Women: bikini preferred

Share today’s Cyber Saturday with a friend:

http://fortune.com/newsletter/cybersaturday/

Looking for previous Data Sheets? Click here

ACCESS GRANTED

Where’s the beef? Joseph Menn, an investigative journalist for Reuters, has written a new book about hacker history: Cult of the Dead Cow, named after an early and influential group. In a review, the New York Times called it “a hugely important piece of the puzzle for anyone who wants to understand the forces shaping the internet age.” Cris Thomas, an IBM executive who has gone by the online moniker “space rogue” since joining the early hacker scene, quibbled that it is “a good story, not a history book.” Nevertheless, Wired ran a delicious excerpt focusing on the exploits of @stake, a cybersecurity company whose members seeded the so-called infosec industry. Here’s a snippet.

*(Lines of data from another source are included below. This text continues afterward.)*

-- ===== src/Tests/Postcard.antt =====
-- A concrete encoding with the laws of `Postcard`, to run the program with: each number is one
-- byte of the model, so that a varint has length one.
use iroh_content_discovery.Prelude.{
  ℕ, zero, suc, ◌+◌, ◌^◌, ◌≤◌, ◌≡◌, refl, Bool, true, ◌&&◌, Option, none, some, List, [], ◌∷◌, ◌++◌,
  length, arith, take, drop, take-append, drop-append, length-append, ltb, leb, ◌==◌, if◌then◌else◌,
}
use mathlib.Core.List.{append_assoc}
use iroh_content_discovery.Net.{SocketAddrV4}
use iroh_content_discovery.Proto.Messages.{
  Proto, Request, RequestV1, Response, ResponseV1, Postcard, IsValue, size,
}

abbrev one : ℕ → ℕ
one n = 1

socket : SocketAddrV4 → List ℕ → List ℕ
socket a rest = a.ip ∷ 0 ∷ 0 ∷ 0 ∷ a.port ∷ rest

pub ser : Proto → List ℕ → List ℕ
unfolding socket
ser (Proto.request (Request.v1 (RequestV1.prepare tx pad))) rest = 0 ∷ 0 ∷ 0 ∷ tx ∷ (pad ++ rest)
ser (Proto.request (Request.v1 (RequestV1.put tx token v))) rest =
    0 ∷ 0 ∷ 1 ∷ tx ∷ (token ++ length v ∷ (v ++ rest))
ser (Proto.request (Request.v1 (RequestV1.get tx addr))) rest = 0 ∷ 0 ∷ 2 ∷ tx ∷ socket addr rest
ser (Proto.response (Response.v1 (ResponseV1.prepared tx addr token))) rest =
    1 ∷ 0 ∷ 0 ∷ tx ∷ socket addr (token ++ rest)
ser (Proto.response (Response.v1 (ResponseV1.stored tx addr))) rest =
    1 ∷ 0 ∷ 1 ∷ tx ∷ socket addr rest
ser (Proto.response (Response.v1 (ResponseV1.value tx addr none))) rest =
    1 ∷ 0 ∷ 2 ∷ tx ∷ socket addr (0 ∷ rest)
ser (Proto.response (Response.v1 (ResponseV1.value tx addr (some v)))) rest =
    1 ∷ 0 ∷ 2 ∷ tx ∷ socket addr (1 ∷ length v ∷ (v ++ rest))

put_body : ℕ → List ℕ → List ℕ → Option Proto
put_body tx token [] = none
put_body tx token (n ∷ more) =
    some (Proto.request (Request.v1 (RequestV1.put tx token (take n more))))

found : List ℕ → Option (List ℕ)
found (suc zero ∷ n ∷ more) = some (take n more)
found _ = none

pub parse : List ℕ → Option Proto
unfolding put_body found
parse (zero ∷ zero ∷ zero ∷ tx ∷ rest) =
    some (Proto.request (Request.v1 (RequestV1.prepare tx (take 24 rest))))
parse (zero ∷ zero ∷ suc zero ∷ tx ∷ rest) = put_body tx (take 16 rest) (drop 16 rest)
parse (zero ∷ zero ∷ suc (suc zero) ∷ tx ∷ ip ∷ _ ∷ _ ∷ _ ∷ port ∷ rest) =
    some (Proto.request (Request.v1 (RequestV1.get tx (record { ip = ip; port = port }))))
parse (suc zero ∷ zero ∷ zero ∷ tx ∷ ip ∷ _ ∷ _ ∷ _ ∷ port ∷ rest) = some (
    Proto.response
      (Response.v1 (ResponseV1.prepared tx (record { ip = ip; port = port }) (take 16 rest))))
parse (suc zero ∷ zero ∷ suc zero ∷ tx ∷ ip ∷ _ ∷ _ ∷ _ ∷ port ∷ rest) =
    some (Proto.response (Response.v1 (ResponseV1.stored tx (record { ip = ip; port = port }))))
parse (suc zero ∷ zero ∷ suc (suc zero) ∷ tx ∷ ip ∷ _ ∷ _ ∷ _ ∷ port ∷ rest) = some (
    Proto.response
      (Response.v1 (ResponseV1.value tx (record { ip = ip; port = port }) (found rest))))
parse _ = none

addr_ok : SocketAddrV4 → Bool
addr_ok a = ltb a.ip (2 ^ 32) && ltb a.port (2 ^ 16)

ranges_ok : Proto → Bool
unfolding addr_ok
ranges_ok (Proto.request (Request.v1 (RequestV1.prepare tx pad))) =
    ltb tx (2 ^ 64) && length pad == 24
ranges_ok (Proto.request (Request.v1 (RequestV1.put tx token v))) =
    ltb tx (2 ^ 64) && (length token == 16 && ltb (length v) (2 ^ 64))
ranges_ok (Proto.request (Request.v1 (RequestV1.get tx addr))) = ltb tx (2 ^ 64) && addr_ok addr
ranges_ok (Proto.response (Response.v1 (ResponseV1.prepared tx addr token))) =
    ltb tx (2 ^ 64) && (addr_ok addr && length token == 16)
ranges_ok (Proto.response (Response.v1 (ResponseV1.stored tx addr))) =
    ltb tx (2 ^ 64) && addr_ok addr
ranges_ok (Proto.response (Response.v1 (ResponseV1.value tx addr none))) =
    ltb tx (2 ^ 64) && addr_ok addr
ranges_ok (Proto.response (Response.v1 (ResponseV1.value tx addr (some v)))) =
    ltb tx (2 ^ 64) && (addr_ok addr && ltb (length v) (2 ^ 64))

unfoldable pub to_slice : Proto → ℕ → Option (List ℕ)
unfolding ser
to_slice p n = if leb (size one p) n then some (ser p []) else none

pub checked : ℕ → Option Proto → Option Proto
unfolding ranges_ok
checked n none = none
checked n (some p) = if ranges_ok p && leb (size one p) n then some p else none

unfoldable pub from_bytes : List ℕ → Option Proto
unfolding parse checked
from_bytes bs = checked (length bs) (parse bs)

ranges_ok_sound : (p : Proto) → ranges_ok p ≡ true → IsValue p
unfolding ranges_ok
ranges_ok_sound (Proto.request (Request.v1 (RequestV1.prepare tx pad))) h = ground arith
ranges_ok_sound (Proto.request (Request.v1 (RequestV1.put tx token v))) h = ground arith
ranges_ok_sound (Proto.request (Request.v1 (RequestV1.get tx addr))) h = ground arith
ranges_ok_sound (Proto.response (Response.v1 (ResponseV1.prepared tx addr token))) h = ground arith
ranges_ok_sound (Proto.response (Response.v1 (ResponseV1.stored tx addr))) h = ground arith
ranges_ok_sound (Proto.response (Response.v1 (ResponseV1.value tx addr none))) h = ground arith
ranges_ok_sound (Proto.response (Response.v1 (ResponseV1.value tx addr (some v)))) h = ground arith

ranges_ok_complete : (p : Proto) → IsValue p → ranges_ok p ≡ true
unfolding ranges_ok
ranges_ok_complete (Proto.request (Request.v1 (RequestV1.prepare tx pad))) h = ground arith
ranges_ok_complete (Proto.request (Request.v1 (RequestV1.put tx token v))) h = ground arith
ranges_ok_complete (Proto.request (Request.v1 (RequestV1.get tx addr))) h = ground arith
ranges_ok_complete (Proto.response (Response.v1 (ResponseV1.prepared tx addr token))) h =
    ground arith
ranges_ok_complete (Proto.response (Response.v1 (ResponseV1.stored tx addr))) h = ground arith
ranges_ok_complete (Proto.response (Response.v1 (ResponseV1.value tx addr none))) h = ground arith
ranges_ok_complete (Proto.response (Response.v1 (ResponseV1.value tx addr (some v)))) h =
    ground arith

length-ser :
    (p : Proto) (rest : List ℕ) → IsValue p → length (ser p rest) ≡ size one p + length rest
unfolding ser
length-ser (Proto.request (Request.v1 (RequestV1.prepare tx pad))) rest h =
    omega (arith, length-append pad rest)
length-ser (Proto.request (Request.v1 (RequestV1.put tx token v))) rest h =
    omega (arith, length-append token (length v ∷ (v ++ rest)), length-append v rest)
length-ser (Proto.request (Request.v1 (RequestV1.get tx addr))) rest h = omega arith
length-ser (Proto.response (Response.v1 (ResponseV1.prepared tx addr token))) rest h =
    omega (arith, length-append token rest)
length-ser (Proto.response (Response.v1 (ResponseV1.stored tx addr))) rest h = omega arith
length-ser (Proto.response (Response.v1 (ResponseV1.value tx addr none))) rest h = omega arith
length-ser (Proto.response (Response.v1 (ResponseV1.value tx addr (some v)))) rest h =
    omega (arith, length-append v rest)

parse-ser : (p : Proto) (rest : List ℕ) → IsValue p → parse (ser p rest) ≡ some p
unfolding ser parse
parse-ser (Proto.request (Request.v1 (RequestV1.prepare tx pad))) rest h =
    rw (take-append pad rest 24 h.1)
parse-ser (Proto.request (Request.v1 (RequestV1.put tx token v))) rest h = rw (
  take-append token (length v ∷ (v ++ rest)) 16 h.1,
  drop-append token (length v ∷ (v ++ rest)) 16 h.1,
  take-append v rest (length v) refl,
)
parse-ser (Proto.request (Request.v1 (RequestV1.get tx addr))) rest h = refl
parse-ser (Proto.response (Response.v1 (ResponseV1.prepared tx addr token))) rest h =
    rw (take-append token rest 16 h.2)
parse-ser (Proto.response (Response.v1 (ResponseV1.stored tx addr))) rest h = refl
parse-ser (Proto.response (Response.v1 (ResponseV1.value tx addr none))) rest h = refl
parse-ser (Proto.response (Response.v1 (ResponseV1.value tx addr (some v)))) rest h =
    rw (take-append v rest (length v) refl)

ser-append : (p : Proto) (rest : List ℕ) → ser p [] ++ rest ≡ ser p rest
unfolding ser
ser-append (Proto.request (Request.v1 (RequestV1.prepare tx pad))) rest = simp append_assoc
ser-append (Proto.request (Request.v1 (RequestV1.put tx token v))) rest = simp append_assoc
ser-append (Proto.request (Request.v1 (RequestV1.get tx addr))) rest = refl
ser-append (Proto.response (Response.v1 (ResponseV1.prepared tx addr token))) rest =
    simp append_assoc
ser-append (Proto.response (Response.v1 (ResponseV1.stored tx addr))) rest = refl
ser-append (Proto.response (Response.v1 (ResponseV1.value tx addr none))) rest = refl
ser-append (Proto.response (Response.v1 (ResponseV1.value tx addr (some v)))) rest =
    simp append_assoc

pub to_slice-sized :
    (p : Proto) (n : ℕ) (bs : List ℕ)
    → IsValue p
    → to_slice p n ≡ some bs
    → (length bs ≡ size one p) × (length bs ≤ n)
unfolding to_slice
to_slice-sized p n bs v h = ground (arith, length-ser p [] v)

pub reads :
    (p : Proto) (n : ℕ) (bs rest : List ℕ)
    → IsValue p
    → to_slice p n ≡ some bs
    → from_bytes (bs ++ rest) ≡ some p
unfolding to_slice from_bytes
reads p n bs rest v h =
    let e : bs ≡ ser p [] = ground arith in
    rw (e, ser-append p rest, parse-ser p rest v)
      (ground (arith, ranges_ok_complete p v, length-ser p rest v))

pub checked_sound :
    (n : ℕ) (o : Option Proto) (p : Proto) → checked n o ≡ some p → IsValue p × (size one p ≤ n)
unfolding checked
checked_sound n none p h = cc
checked_sound n (some q) p h =
    let e : q ≡ p = ground arith in rw (← e) (ranges_ok_sound q (ground arith), ground arith)

pub to_slice-fits :
    (p : Proto) (n : ℕ) → IsValue p → size one p ≤ n → (bs : List ℕ) × (to_slice p n ≡ some bs)
unfolding to_slice
to_slice-fits p n v h = (ser p [], ground arith)

pub ranges :
    (bs : List ℕ) (p : Proto) → from_bytes bs ≡ some p → IsValue p × (size one p ≤ length bs)
unfolding from_bytes
ranges bs p h = checked_sound (length bs) (parse bs) p h

abbrev pub postcard : Postcard
postcard = record {
  to_slice = to_slice;
  from_bytes = from_bytes;
  varint = one;
  varint_two = λ n h. omega arith;
  varint_three = λ n h. omega arith;
  varint_ten = λ n h. omega arith;
  fits = to_slice-fits;
  sized = to_slice-sized;
  reads = reads;
  ranges = ranges;
}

Some hackers felt great fulfillment in government service. Serving the government in the wake of the terror attacks gave them a chance to fit in when they hadn’t before, united by a common cause. But for too many of this cohort, what started with moral clarity ended in the realization that morality can fall apart when governments battle governments. That was the case with a cDc Ninja Strike Force member I will call Stevens.

ONE MORE THING

Welcome to cyber school. The Israel Defense Forces Military Intelligence Corps. trains 500 to 600 digital warriors every year at a “cyber school” it runs in Be’er Sheva, Israel. The Israeli newspaper Haaretz takes readers inside the facility to learn about its curriculum from Lieutenant Colonel “N.,” the institution’s commander. There are no grades, and students must learn idiosyncratic skills such as typing blind or navigating a computer without a mouse.